[Start of Attachment]

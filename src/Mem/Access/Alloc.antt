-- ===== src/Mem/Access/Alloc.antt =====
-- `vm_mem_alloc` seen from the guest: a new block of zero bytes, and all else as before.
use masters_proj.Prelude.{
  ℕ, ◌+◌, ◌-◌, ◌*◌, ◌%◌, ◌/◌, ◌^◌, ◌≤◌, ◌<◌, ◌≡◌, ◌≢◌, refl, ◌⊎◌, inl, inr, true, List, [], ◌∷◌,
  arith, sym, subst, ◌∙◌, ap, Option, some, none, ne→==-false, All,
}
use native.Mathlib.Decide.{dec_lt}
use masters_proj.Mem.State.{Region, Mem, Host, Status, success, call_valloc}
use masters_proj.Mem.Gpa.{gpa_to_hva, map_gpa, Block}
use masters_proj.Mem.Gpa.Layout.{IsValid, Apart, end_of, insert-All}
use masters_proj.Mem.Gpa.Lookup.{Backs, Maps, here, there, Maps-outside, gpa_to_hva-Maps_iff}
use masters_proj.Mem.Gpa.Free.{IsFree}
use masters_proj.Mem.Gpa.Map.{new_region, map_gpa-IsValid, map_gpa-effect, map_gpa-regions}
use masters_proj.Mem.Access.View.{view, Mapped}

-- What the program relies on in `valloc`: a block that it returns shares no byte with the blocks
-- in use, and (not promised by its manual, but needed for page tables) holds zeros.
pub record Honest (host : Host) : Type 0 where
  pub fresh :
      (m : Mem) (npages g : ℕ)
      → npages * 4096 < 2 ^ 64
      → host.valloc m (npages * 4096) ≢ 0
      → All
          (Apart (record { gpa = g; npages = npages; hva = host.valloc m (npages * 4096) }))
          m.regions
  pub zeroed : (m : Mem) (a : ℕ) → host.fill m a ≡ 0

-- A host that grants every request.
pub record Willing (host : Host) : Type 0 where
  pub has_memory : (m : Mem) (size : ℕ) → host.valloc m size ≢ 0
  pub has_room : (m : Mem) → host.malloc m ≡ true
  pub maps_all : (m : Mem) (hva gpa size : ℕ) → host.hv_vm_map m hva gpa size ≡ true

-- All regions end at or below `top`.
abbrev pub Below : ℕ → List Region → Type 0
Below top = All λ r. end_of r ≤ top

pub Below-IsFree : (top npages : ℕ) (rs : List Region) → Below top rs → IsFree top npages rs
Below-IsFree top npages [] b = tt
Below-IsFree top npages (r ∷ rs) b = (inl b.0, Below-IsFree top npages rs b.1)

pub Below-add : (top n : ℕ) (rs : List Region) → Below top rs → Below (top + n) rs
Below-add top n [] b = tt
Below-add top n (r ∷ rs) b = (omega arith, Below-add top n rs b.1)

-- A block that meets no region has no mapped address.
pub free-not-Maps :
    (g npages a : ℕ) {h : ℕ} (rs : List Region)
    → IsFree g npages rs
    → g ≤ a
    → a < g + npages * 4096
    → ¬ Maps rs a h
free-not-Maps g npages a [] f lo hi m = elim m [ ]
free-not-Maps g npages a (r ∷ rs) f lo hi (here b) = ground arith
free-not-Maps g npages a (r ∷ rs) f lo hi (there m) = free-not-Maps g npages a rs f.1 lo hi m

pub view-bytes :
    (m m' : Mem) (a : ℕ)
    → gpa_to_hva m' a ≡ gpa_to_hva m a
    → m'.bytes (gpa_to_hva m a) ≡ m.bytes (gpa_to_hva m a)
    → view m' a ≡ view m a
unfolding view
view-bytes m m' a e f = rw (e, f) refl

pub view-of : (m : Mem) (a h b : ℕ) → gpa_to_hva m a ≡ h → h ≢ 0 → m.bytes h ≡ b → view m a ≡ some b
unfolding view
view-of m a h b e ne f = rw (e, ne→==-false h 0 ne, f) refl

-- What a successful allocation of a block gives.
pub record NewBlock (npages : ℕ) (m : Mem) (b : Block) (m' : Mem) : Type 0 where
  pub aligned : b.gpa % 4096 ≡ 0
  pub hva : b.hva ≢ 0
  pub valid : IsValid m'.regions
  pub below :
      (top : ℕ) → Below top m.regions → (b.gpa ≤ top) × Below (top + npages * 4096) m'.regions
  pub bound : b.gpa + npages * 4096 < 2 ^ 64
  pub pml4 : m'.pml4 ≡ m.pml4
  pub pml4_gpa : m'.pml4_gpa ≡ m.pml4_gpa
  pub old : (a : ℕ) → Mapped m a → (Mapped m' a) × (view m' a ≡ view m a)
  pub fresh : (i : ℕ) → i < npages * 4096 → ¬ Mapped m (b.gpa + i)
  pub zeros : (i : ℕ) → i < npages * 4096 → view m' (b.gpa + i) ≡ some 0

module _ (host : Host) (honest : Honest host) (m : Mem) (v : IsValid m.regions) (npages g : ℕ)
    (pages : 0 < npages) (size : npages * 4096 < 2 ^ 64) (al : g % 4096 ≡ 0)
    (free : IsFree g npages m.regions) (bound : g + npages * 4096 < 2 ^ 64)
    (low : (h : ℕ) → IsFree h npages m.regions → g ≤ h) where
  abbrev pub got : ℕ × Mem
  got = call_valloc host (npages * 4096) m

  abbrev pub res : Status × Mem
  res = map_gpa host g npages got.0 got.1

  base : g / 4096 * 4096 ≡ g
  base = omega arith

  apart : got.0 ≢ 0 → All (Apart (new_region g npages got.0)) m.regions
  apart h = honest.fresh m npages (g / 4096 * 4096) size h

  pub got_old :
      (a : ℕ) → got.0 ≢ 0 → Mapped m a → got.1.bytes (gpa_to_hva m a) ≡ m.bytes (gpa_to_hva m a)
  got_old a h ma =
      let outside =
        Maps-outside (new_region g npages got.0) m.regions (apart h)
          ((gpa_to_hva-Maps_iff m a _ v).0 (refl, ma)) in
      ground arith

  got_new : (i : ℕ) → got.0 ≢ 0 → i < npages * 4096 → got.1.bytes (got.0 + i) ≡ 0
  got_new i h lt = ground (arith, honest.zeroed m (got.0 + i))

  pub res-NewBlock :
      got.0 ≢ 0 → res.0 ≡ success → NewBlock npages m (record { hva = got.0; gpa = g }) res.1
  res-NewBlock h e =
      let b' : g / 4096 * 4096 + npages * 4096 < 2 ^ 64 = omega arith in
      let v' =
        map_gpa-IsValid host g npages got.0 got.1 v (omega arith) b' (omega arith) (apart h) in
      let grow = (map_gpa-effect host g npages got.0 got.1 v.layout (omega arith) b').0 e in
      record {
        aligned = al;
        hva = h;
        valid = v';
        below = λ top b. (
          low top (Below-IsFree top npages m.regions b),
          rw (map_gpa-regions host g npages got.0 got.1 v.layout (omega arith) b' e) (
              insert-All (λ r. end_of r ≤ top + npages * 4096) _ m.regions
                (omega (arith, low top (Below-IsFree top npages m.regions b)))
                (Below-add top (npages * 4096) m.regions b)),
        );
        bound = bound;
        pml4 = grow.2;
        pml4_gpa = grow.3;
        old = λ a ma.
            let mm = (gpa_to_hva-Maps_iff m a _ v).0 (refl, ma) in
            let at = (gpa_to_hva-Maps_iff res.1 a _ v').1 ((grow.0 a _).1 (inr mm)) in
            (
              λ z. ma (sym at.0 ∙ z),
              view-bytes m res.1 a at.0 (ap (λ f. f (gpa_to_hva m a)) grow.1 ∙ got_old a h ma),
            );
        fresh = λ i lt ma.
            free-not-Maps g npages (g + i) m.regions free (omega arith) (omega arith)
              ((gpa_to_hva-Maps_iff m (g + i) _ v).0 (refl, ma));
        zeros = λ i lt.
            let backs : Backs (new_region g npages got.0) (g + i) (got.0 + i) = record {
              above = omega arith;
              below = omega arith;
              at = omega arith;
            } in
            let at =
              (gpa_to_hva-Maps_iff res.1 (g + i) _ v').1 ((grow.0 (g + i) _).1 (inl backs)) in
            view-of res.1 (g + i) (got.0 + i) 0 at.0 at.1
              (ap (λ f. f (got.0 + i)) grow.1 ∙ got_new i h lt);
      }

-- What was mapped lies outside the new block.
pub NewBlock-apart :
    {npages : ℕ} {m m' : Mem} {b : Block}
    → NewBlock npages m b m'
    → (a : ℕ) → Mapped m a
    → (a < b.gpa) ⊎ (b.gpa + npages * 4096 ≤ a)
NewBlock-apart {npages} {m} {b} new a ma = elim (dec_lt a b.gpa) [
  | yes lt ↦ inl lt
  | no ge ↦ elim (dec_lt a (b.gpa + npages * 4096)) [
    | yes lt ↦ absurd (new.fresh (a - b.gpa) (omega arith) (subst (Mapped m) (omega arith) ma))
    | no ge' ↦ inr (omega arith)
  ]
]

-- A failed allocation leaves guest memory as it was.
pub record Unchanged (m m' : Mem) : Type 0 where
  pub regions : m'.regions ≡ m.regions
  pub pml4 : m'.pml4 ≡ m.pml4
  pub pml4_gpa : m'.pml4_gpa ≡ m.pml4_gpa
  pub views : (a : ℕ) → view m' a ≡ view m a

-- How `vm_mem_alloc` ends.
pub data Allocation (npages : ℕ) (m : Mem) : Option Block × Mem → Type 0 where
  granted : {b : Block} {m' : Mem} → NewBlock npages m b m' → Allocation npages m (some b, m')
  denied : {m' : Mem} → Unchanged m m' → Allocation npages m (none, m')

[End of Attachment]

> PROBLEM STATEMENT: Where a line of the data includes the string "Status", list that line.

> PROBLEM SOLUTION:
use masters_proj.Mem.State.{Region, Mem, Host, Status, success, call_valloc}
  abbrev pub res : Status × Mem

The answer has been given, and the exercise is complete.